Harman did land a position as chair of the Homeland Security Committee's Subcommittee on Intelligence, Information Sharing and Terrorism Risk Assessment. From that spot, her considerable experience in intelligence and national security will showcase her, while she tries to rebuild her relationship with the speaker.
Meanwhile, Rep. Brad Sherman (Sherman Oaks) has earned a choice seat on the Judiciary Committee and the chairmanship of the Foreign Affairs Committee's Subcommittee on Terrorism, Nonproliferation and Trade. He has staked out a tough position on Iran's potential acquisition of nuclear weapons, calling it a far greater threat than Iraq ever posed.
For Feinstein and Boxer, the world looks a little different. Individual senators are extremely important, regardless of their committee positions. But the Senate majority rests precariously on one vote, that of Sen. Joseph Lieberman, a different sort of Jewish Democrat.
While winning re-election as an independent in very blue Connecticut, Lieberman appeared to be critical of President Bush's Iraq policy. Once back in office, he has taken to implying that the president's critics are lending "aid and comfort" to our enemies.
His fellow Democrats fear that he wants to join the Republicans and thereby swing control of the Senate back. Boxer, ever vigilant to electoral challenges as the more liberal of the two senators, can hear rumors that Gov. Arnold Schwarzenegger might run for her seat in 2010. And yet, even with these unknowns, as senators they have great authority and public attention.
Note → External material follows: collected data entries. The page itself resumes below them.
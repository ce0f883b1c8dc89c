-- ===== src/Checker.antt =====
-- The allocation checker (src/checker.rs): symbolic values per allocation, and the check of each
-- instruction's operands against them.
pub mod Value
pub mod State
pub mod Check
pub mod Meet
pub mod Transfer
pub mod Sound
pub mod Run
pub mod Edits
pub mod Errors
pub mod Stuck
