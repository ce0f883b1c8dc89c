-- ===== src/Checker/Value.antt =====
-- Abstract values and their meet (src/checker.rs, `CheckerValue`).
use regalloc2_orig.Prelude.{Bool, true, false, ◌||◌, ◌&&◌, if◌then◌else◌}
use regalloc2_orig.Reg.VReg
use regalloc2_orig.Reg.VReg.{VReg}

pub data CheckerValue : Type 0 where
  unknown conflicted : CheckerValue
  reg : VReg → Bool → CheckerValue

-- The arms in the source's order; the last but one has the guard `r1 == r2`.
unfoldable pub meet : CheckerValue → CheckerValue → CheckerValue
meet unknown other = other
meet conflicted unknown = conflicted
meet conflicted other = conflicted
meet (reg r b) unknown = reg r b
meet (reg r b) conflicted = conflicted
meet (reg r1 ref1) (reg r2 ref2) = if VReg.eq r1 r2 then reg r1 (ref1 || ref2) else conflicted

abbrev bool_eq : Bool → Bool → Bool
bool_eq true b = b
bool_eq false true = false
bool_eq false false = true

-- `==`, derived
abbrev pub eq : CheckerValue → CheckerValue → Bool
eq unknown unknown = true
eq unknown conflicted = false
eq unknown (reg r b) = false
eq conflicted unknown = false
eq conflicted conflicted = true
eq conflicted (reg r b) = false
eq (reg r b) unknown = false
eq (reg r b) conflicted = false
eq (reg r b) (reg s c) = VReg.eq r s && bool_eq b c
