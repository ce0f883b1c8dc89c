-- ===== src/Checker/State.antt =====
-- The checker's state and its transfer functions (src/checker.rs, `CheckerState`, `CheckerInst`).
-- The hash map is an association list with at most one entry for a key; a key's place in it means
-- nothing.
use regalloc2_orig.Prelude.{
  Bool, true, false, ◌&&◌, ◌==◌, if◌then◌else◌, List, [], ◌∷◌, Option, none, some, ◌>>=◌, length,
}
use regalloc2_orig.Index.{Inst, Block}
use regalloc2_orig.Reg.VReg.{VReg}
use regalloc2_orig.Alloc
use regalloc2_orig.Alloc.{Allocation}
use regalloc2_orig.Operand
use regalloc2_orig.Operand.{Operand, OperandKind, def, use_}
use regalloc2_orig.Checker.Value
use regalloc2_orig.Checker.Value.{CheckerValue, unknown, reg, meet}

pub record CheckerState : Type 0 where
  pub allocations : List (Allocation × CheckerValue)

-- `HashMap::get`
unfoldable pub get : Allocation → List (Allocation × CheckerValue) → Option CheckerValue
get a [] = none
get a ((k, v) ∷ kvs) = if Alloc.eq k a then some v else get a kvs

-- `HashMap::insert`
unfoldable pub insert :
    Allocation → CheckerValue → List (Allocation × CheckerValue) → List (Allocation × CheckerValue)
insert a v [] = (a, v) ∷ []
insert a v ((k, w) ∷ kvs) = if Alloc.eq k a then (a, v) ∷ kvs else (k, w) ∷ insert a v kvs

-- `get(alloc).cloned().unwrap_or(Default::default())`
unfoldable pub value : CheckerState → Allocation → CheckerValue
unfolding get
value st a = elim (get a st.allocations) [ none ↦ unknown | some v ↦ v ]

-- `CheckerState::default()`
abbrev pub empty : CheckerState
empty = record { allocations = [] }

-- `merge_map`: `into.entry(*k).or_insert(Default::default())` and then the meet.
unfoldable pub merge_map :
    List (Allocation × CheckerValue)
    → List (Allocation × CheckerValue)
    → List (Allocation × CheckerValue)
unfolding get insert meet
merge_map into [] = into
merge_map into ((k, v) ∷ from) =
    let into_v : CheckerValue = elim (get k into) [ none ↦ unknown | some w ↦ w ] in
    merge_map (insert k (meet into_v v) into) from

unfoldable pub meet_with : CheckerState → CheckerState → CheckerState
unfolding merge_map
meet_with st other = record { allocations = merge_map st.allocations other.allocations }

-- `==` of hash maps: as many entries, and each entry of the one is in the other.
abbrev holds_all : List (Allocation × CheckerValue) → List (Allocation × CheckerValue) → Bool
holds_all [] m = true
holds_all ((k, v) ∷ kvs) m =
    (elim (get k m) [ none ↦ false | some w ↦ Value.eq v w ]) && holds_all kvs m

unfoldable pub eq : CheckerState → CheckerState → Bool
unfolding get
eq s t = length s.allocations == length t.allocations && holds_all s.allocations t.allocations

pub data CheckerInst : Type 0 where
  move : (into from : Allocation) → CheckerInst
  op : (inst : Inst) (operands : List Operand) (allocs : List Allocation) → CheckerInst
  block_params : (block : Block) (vregs : List VReg) (allocs : List Allocation) → CheckerInst

-- The loop over `operands.iter().zip(allocs.iter())`; `none` is a panic of an accessor.
unfoldable pub update_defs : List Operand → List Allocation → CheckerState → Option CheckerState
unfolding insert
update_defs [] allocs st = some st
update_defs (o ∷ os) [] st = some st
update_defs (o ∷ os) (a ∷ as_) st = do
  kind ← Operand.kind o
  elim kind [
    | use_ ↦ update_defs os as_ st
    | def ↦ (do
      vreg ← Operand.vreg o
      update_defs os as_ (record { allocations = insert a (reg vreg false) st.allocations }))
  ]

unfoldable pub update_params : List VReg → List Allocation → CheckerState → CheckerState
unfolding insert
update_params [] allocs st = st
update_params (v ∷ vs) [] st = st
update_params (v ∷ vs) (a ∷ as_) st =
    update_params vs as_ (record { allocations = insert a (reg v false) st.allocations })

unfoldable pub update : CheckerState → CheckerInst → Option CheckerState
unfolding value insert update_defs update_params
update st (move into from) =
    some (record { allocations = insert into (value st from) st.allocations })
update st (op inst operands allocs) = update_defs operands allocs st
update st (block_params block vregs allocs) = some (update_params vregs allocs st)
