-- ===== src/Checker/Check.antt =====
-- The check of an instruction's operands (src/checker.rs, `check`, `check_val`, `check_policy`).
use regalloc2_orig.Prelude.{
  Bool, true, false, not, ◌&&◌, if◌then◌else◌, List, [], ◌∷◌, Option, none, some, get_elem?,
}
use regalloc2_orig.Index.{Inst}
use regalloc2_orig.ProgPoint.{InstPosition, before, after}
use regalloc2_orig.Reg.VReg
use regalloc2_orig.Reg.VReg.{VReg}
use regalloc2_orig.Alloc
use regalloc2_orig.Alloc.{Allocation, AllocationKind, reg_kind, none_kind, stack_kind}
use regalloc2_orig.Operand
use regalloc2_orig.Operand.{
  Operand, OperandKind, OperandPos, OperandPolicy, def, use_, any, fixed_reg, reuse,
}
use regalloc2_orig.Checker.Value.{CheckerValue, unknown, conflicted, reg}
use regalloc2_orig.Checker.State.{CheckerState, CheckerInst, move, op, block_params, value}

pub data CheckerError : Type 0 where
  missing_allocation : (inst : Inst) (op : Operand) → CheckerError
  unknown_value_in_allocation : (inst : Inst) (op : Operand) (alloc : Allocation) → CheckerError
  conflicted_value_in_allocation : (inst : Inst) (op : Operand) (alloc : Allocation) → CheckerError
  incorrect_value_in_allocation :
      (inst : Inst) (op : Operand) (alloc : Allocation) (actual : VReg) → CheckerError
  policy_violated : (inst : Inst) (op : Operand) (alloc : Allocation) → CheckerError
  allocation_is_not_reg : (inst : Inst) (op : Operand) (alloc : Allocation) → CheckerError
  allocation_is_not_fixed_reg : (inst : Inst) (op : Operand) (alloc : Allocation) → CheckerError
  allocation_is_not_reuse :
      (inst : Inst) (op : Operand) (alloc expected_alloc : Allocation) → CheckerError

-- A call's result, or its panic.
pub data Outcome : Type 0 where
  ok : Outcome
  err : CheckerError → Outcome
  panic : Outcome

-- `?` and the sequence of two statements.
infixl 5 ◌>>◌
abbrev pub ◌>>◌ : Outcome → Outcome → Outcome
ok >> k = k
err e >> k = err e
panic >> k = panic

-- What a call that may panic hands on.
abbrev pub with_value {ℓ} : {A : Type ℓ} → Option A → (A → Outcome) → Outcome
with_value none k = panic
with_value (some a) k = k a

-- `if test { return Err(e); }`
abbrev pub reject : Bool → CheckerError → Outcome
reject true e = err e
reject false e = ok

abbrev pub is_reg_kind : AllocationKind → Bool
is_reg_kind none_kind = false
is_reg_kind reg_kind = true
is_reg_kind stack_kind = false

-- The match on the policy.
abbrev pub policy_rule : Inst → Operand → Allocation → List Allocation → OperandPolicy → Outcome
policy_rule inst operand alloc allocs any = ok
policy_rule inst operand alloc allocs Operand.OperandPolicy.reg =
    with_value (Alloc.kind alloc)
      λ kind. reject (not (is_reg_kind kind)) (allocation_is_not_reg inst operand alloc)
policy_rule inst operand alloc allocs (fixed_reg preg) =
    reject (not (Alloc.eq alloc (Alloc.reg preg))) (allocation_is_not_fixed_reg inst operand alloc)
policy_rule inst operand alloc allocs (reuse idx) = with_value (Alloc.kind alloc) λ kind.
    (reject (not (is_reg_kind kind)) (allocation_is_not_reg inst operand alloc)
      >> with_value (get_elem? allocs idx) λ expected.
        reject (not (Alloc.eq alloc expected))
          (allocation_is_not_reuse inst operand alloc expected))

unfoldable pub check_policy : Inst → Operand → Allocation → List Allocation → Outcome
check_policy inst operand alloc allocs =
    with_value (Operand.policy operand) (policy_rule inst operand alloc allocs)

-- The match on the value; the guard of its third arm reads the operand's register.
abbrev pub check_value : Inst → Operand → Allocation → CheckerValue → Outcome
check_value inst operand alloc unknown = err (unknown_value_in_allocation inst operand alloc)
check_value inst operand alloc conflicted = err (conflicted_value_in_allocation inst operand alloc)
check_value inst operand alloc (reg r b) =
    with_value (Operand.vreg operand)
      λ vreg. reject (not (VReg.eq r vreg)) (incorrect_value_in_allocation inst operand alloc r)

unfoldable pub check_val : Inst → Operand → Allocation → CheckerValue → List Allocation → Outcome
unfolding check_policy
check_val inst operand alloc val allocs =
    reject (Alloc.eq alloc Alloc.none_alloc) (missing_allocation inst operand)
    >> check_value inst operand alloc val
    >> check_policy inst operand alloc allocs

-- `operands.iter().any(|op| matches!(op.policy(), OperandPolicy::Reuse(_)))`
unfoldable pub has_reused_input : List Operand → Option Bool
has_reused_input [] = some false
has_reused_input (o ∷ os) = elim (Operand.policy o) [
  | none ↦ none
  | some (reuse idx) ↦ some true
  | some other ↦ has_reused_input os
]

-- The match on `(op.pos(), pos)`.
abbrev pub is_here : OperandPos → InstPosition → Bool
is_here OperandPos.before before = true
is_here OperandPos.before after = false
is_here OperandPos.after before = false
is_here OperandPos.after after = true
is_here OperandPos.both before = true
is_here OperandPos.both after = true

abbrev pub is_def : OperandKind → Bool
is_def def = true
is_def use_ = false

-- The loop over `operands.iter().zip(allocs.iter())`; `all` is the whole of `allocs`.
unfoldable pub check_operands :
    CheckerState → InstPosition → Inst → List Allocation → List Operand → List Allocation → Outcome
unfolding check_val value
check_operands st pos inst all [] allocs = ok
check_operands st pos inst all (o ∷ os) [] = ok
check_operands st pos inst all (o ∷ os) (a ∷ as_) =
    (with_value (Operand.pos o) λ p.
      if not (is_here p pos)
      then ok
      else (with_value (Operand.kind o)
          λ k. if is_def k then ok else check_val inst o a (value st a) all))
    >> check_operands st pos inst all os as_

abbrev pub is_after : InstPosition → Bool
is_after before = false
is_after after = true

unfoldable pub check : CheckerState → InstPosition → CheckerInst → Outcome
unfolding has_reused_input check_operands
check st pos (op inst operands allocs) = with_value (has_reused_input operands) λ reused.
    if reused && is_after pos then ok else check_operands st pos inst allocs operands allocs
check st pos (move into from) = ok
check st pos (block_params block vregs allocs) = ok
The two Senators will not only have key committee positions (Feinstein on Intelligence and Appropriations, Boxer as chair of the Environment and Public Works Committee) but access to national media. Expect Feinstein to play a leading role in the Iraq debate and other military matters, and Boxer to be central to discussions about education, choice and the environment. Much of the social agenda of the Bush administration has been conducted quietly through administrative decisions (such as imposing limits on family planning in international programs), a situation that can only be rectified by active congressional oversight.
A great unknown is the political impact of America's relationship with Iran on these leading Jewish Democrats. They have all become vocal opponents of the Iraq War, despite, in some cases, being initially supportive.
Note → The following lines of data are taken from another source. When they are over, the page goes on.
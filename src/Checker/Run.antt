-- ===== src/Checker/Run.antt =====
-- The run of the checker (src/checker.rs, `Checker`). The maps `bb_in` and `bb_insts`, whose keys
-- are the blocks 0, 1, ..., are lists by block number; so `find_errors` lists its errors by block
-- number, where the source's order is that of a hash map.
use regalloc2_orig.Prelude.{
  ℕ, zero, suc, Bool, true, false, ltb, List, [], ◌∷◌, ◌++◌, Option, none, some, ◌>>=◌, ◌>>◌,
  assert, get_elem?, set, drop, replicate, if◌then◌else◌,
}
use regalloc2_orig.Index.{Inst, Block}
use regalloc2_orig.ProgPoint
use regalloc2_orig.ProgPoint.{ProgPoint, before, after, before_inst, after_inst}
use regalloc2_orig.Function.{Function, Edit, Output, inst_allocs, items}
use regalloc2_orig.Checker.State
use regalloc2_orig.Checker.State.{
  CheckerState, CheckerInst, move, op, block_params, empty, meet_with, update,
}
use regalloc2_orig.Checker.Check.{CheckerError, Outcome, ok, err, panic, check}

pub record Checker : Type 0 where
  pub bb_in : List CheckerState
  pub bb_insts : List (List CheckerInst)

unfoldable pub new : Function → Checker
new f = record { bb_in = replicate f.blocks empty; bb_insts = replicate f.blocks [] }

-- `bb_insts.get_mut(&block).unwrap().push(inst)`
abbrev pub push : List (List CheckerInst) → Block → CheckerInst → Option (List (List CheckerInst))
push bb_insts block inst = do
  insts ← get_elem? bb_insts block
  some (set bb_insts block (insts ++ (inst ∷ [])))

abbrev pub edit_inst : Block → Edit → CheckerInst
edit_inst block (Edit.move from to) = move to from
edit_inst block (Edit.block_params vregs allocs) = block_params block vregs allocs

-- The loop; the list is what is left of the edits from `idx`.
unfoldable pub handle_loop :
    Block
    → ProgPoint
    → List (ProgPoint × Edit)
    → ℕ
    → List (List CheckerInst)
    → Option (ℕ × List (List CheckerInst))
handle_loop block pos [] idx bb_insts = some (idx, bb_insts)
handle_loop block pos ((edit_pos, edit) ∷ edits) idx bb_insts =
    if ProgPoint.le edit_pos pos
    then (elim (ProgPoint.lt edit_pos pos) [
      | true ↦ handle_loop block pos edits (suc idx) bb_insts
      | false ↦ (do
        bb_insts ← push bb_insts block (edit_inst block edit)
        handle_loop block pos edits (suc idx) bb_insts)
    ])
    else some (idx, bb_insts)

unfoldable pub handle_edits :
    Block → Output → ℕ → ProgPoint → List (List CheckerInst) → Option (ℕ × List (List CheckerInst))
unfolding handle_loop
handle_edits block out idx pos bb_insts = handle_loop block pos (drop idx out.edits) idx bb_insts

-- What `prepare` carries from one instruction to the next.
pub record Prepared : Type 0 where
  pub last_inst : Option Inst
  pub insert_idx : ℕ
  pub bb_insts : List (List CheckerInst)

abbrev in_order : Option Inst → Inst → Bool
in_order none inst = true
in_order (some last) inst = ltb last inst

unfoldable pub prepare_inst : Function → Output → Block → Inst → Prepared → Option Prepared
unfolding handle_edits inst_allocs before_inst after_inst
prepare_inst f out block inst p = do
  assert (in_order p.last_inst inst)
  (insert_idx, bb_insts) ← handle_edits block out p.insert_idx (before_inst inst) p.bb_insts
  allocs ← inst_allocs out inst
  bb_insts ← push bb_insts block (op inst (f.inst_operands inst) allocs)
  (insert_idx, bb_insts) ← handle_edits block out insert_idx (after_inst inst) bb_insts
  some (record { last_inst = some inst; insert_idx = insert_idx; bb_insts = bb_insts })

unfoldable pub prepare_insts : Function → Output → Block → List Inst → Prepared → Option Prepared
unfolding prepare_inst
prepare_insts f out block [] p = some p
prepare_insts f out block (inst ∷ insts) p = do
  p ← prepare_inst f out block inst p
  prepare_insts f out block insts p

-- The blocks from `block` on, `n` of them.
unfoldable pub prepare_blocks : Function → Output → ℕ → Block → Prepared → Option Prepared
unfolding prepare_insts
prepare_blocks f out zero block p = some p
prepare_blocks f out (suc n) block p = do
  insts ← items (f.block_insns block)
  p ← prepare_insts f out block insts p
  prepare_blocks f out n (suc block) p

unfoldable pub prepare : Function → Checker → Output → Option Checker
unfolding prepare_blocks
prepare f c out = do
  p ←
      prepare_blocks f out f.blocks 0
        (record { last_inst = none; insert_idx = 0; bb_insts = c.bb_insts })
  some (record { bb_in = c.bb_in; bb_insts = p.bb_insts })

unfoldable pub update_all : CheckerState → List CheckerInst → Option CheckerState
update_all st [] = some st
update_all st (inst ∷ insts) = do st ← update st inst; update_all st insts

-- The loop over the successors: the states at the blocks' entries, and the queue.
unfoldable pub flow :
    CheckerState
    → List Block
    → List CheckerState
    → List Block
    → Option (List CheckerState × List Block)
unfolding meet_with State.eq
flow state [] bb_in queue = some (bb_in, queue)
flow state (succ ∷ succs) bb_in queue = do
  cur_succ_in ← get_elem? bb_in succ
  let new_state = meet_with state cur_succ_in
  elim (State.eq new_state cur_succ_in) [
    | true ↦ flow state succs bb_in queue
    | false ↦ flow state succs (set bb_in succ new_state) (queue ++ (succ ∷ []))
  ]

-- One round of the loop of `analyze`, and the rounds until the queue is empty.
unfoldable pub analyze_block :
    Function → Block → Checker → List Block → Option (Checker × List Block)
unfolding update_all flow
analyze_block f block c queue = do
  state ← get_elem? c.bb_in block
  insts ← get_elem? c.bb_insts block
  state ← update_all state insts
  (bb_in, queue) ← flow state (f.block_succs block) c.bb_in queue
  some (record { bb_in = bb_in; bb_insts = c.bb_insts }, queue)

unfoldable pub analyze_loop : ℕ → Function → Checker → List Block → Option Checker
unfolding analyze_block
analyze_loop zero f c queue = none
analyze_loop (suc fuel) f c [] = some c
analyze_loop (suc fuel) f c (block ∷ queue) = do
  (c, queue) ← analyze_block f block c queue
  analyze_loop fuel f c queue

unfoldable pub analyze : ℕ → Function → Checker → Option Checker
unfolding analyze_loop
analyze fuel f c = analyze_loop fuel f c (f.entry_block ∷ [])

-- `if let Err(e) = ... { errors.push(e); }`
abbrev pub errors_of : Outcome → Option (List CheckerError)
errors_of ok = some []
errors_of (err e) = some (e ∷ [])
errors_of panic = none

-- The errors of a block from its entry state on.
unfoldable pub block_errors : CheckerState → List CheckerInst → Option (List CheckerError)
unfolding check update
block_errors st [] = some []
block_errors st (inst ∷ insts) = do
  es ← errors_of (check st before inst)
  st ← update st inst
  fs ← errors_of (check st after inst)
  gs ← block_errors st insts
  some (es ++ (fs ++ gs))

unfoldable pub errors_from :
    List CheckerState → List (List CheckerInst) → Option (List CheckerError)
unfolding block_errors
errors_from [] bb_insts = some []
errors_from (input ∷ inputs) [] = none
errors_from (input ∷ inputs) (insts ∷ bb_insts) = do
  es ← block_errors input insts
  fs ← errors_from inputs bb_insts
  some (es ++ fs)

-- The errors that are found; none is `Ok(())`.
unfoldable pub find_errors : Checker → Option (List CheckerError)
unfolding errors_from
find_errors c = errors_from c.bb_in c.bb_insts

-- The states printed afterwards go to the log only.
unfoldable pub run : ℕ → Function → Checker → Option (List CheckerError)
unfolding analyze find_errors
run fuel f c = do c ← analyze fuel f c; find_errors c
Iran presents a different case. Supporters of Israel consider Iran to be a profound threat, especially if it should acquire nuclear weapons.
Bush and Vice President Dick Cheney appear to be laying the groundwork for possible war with Iran. Based on the Iraq experience, few have much confidence in the ability of the Bush administration to handle this crisis well.
Yet Jewish Democrats will still want to make sure that Iran's nuclear ambitions are not realized. Perhaps these California Democrats, some of whom are on pivotal national security committees or subcommittees, can craft a wise but forceful policy with Iran that can win public support and prevent another catastrophic foreign policy failure.
Having these long-serving members back in positions of power is going to make a real difference in national government. They have seen it all, from having great impact to being in the doghouse. Like athletes who know how hard it is to win a championship, they will be careful not to waste a second of their time at the top. They will question and probe, inquire and complain. An administration unused to being challenged will face oversight every working day.
But more than that is going on. Congressional elections always set the tone for the next presidential election, and 2006 has set the stage for 2008. California Jews, especially in the Los Angeles area, will play a significant role in that contest.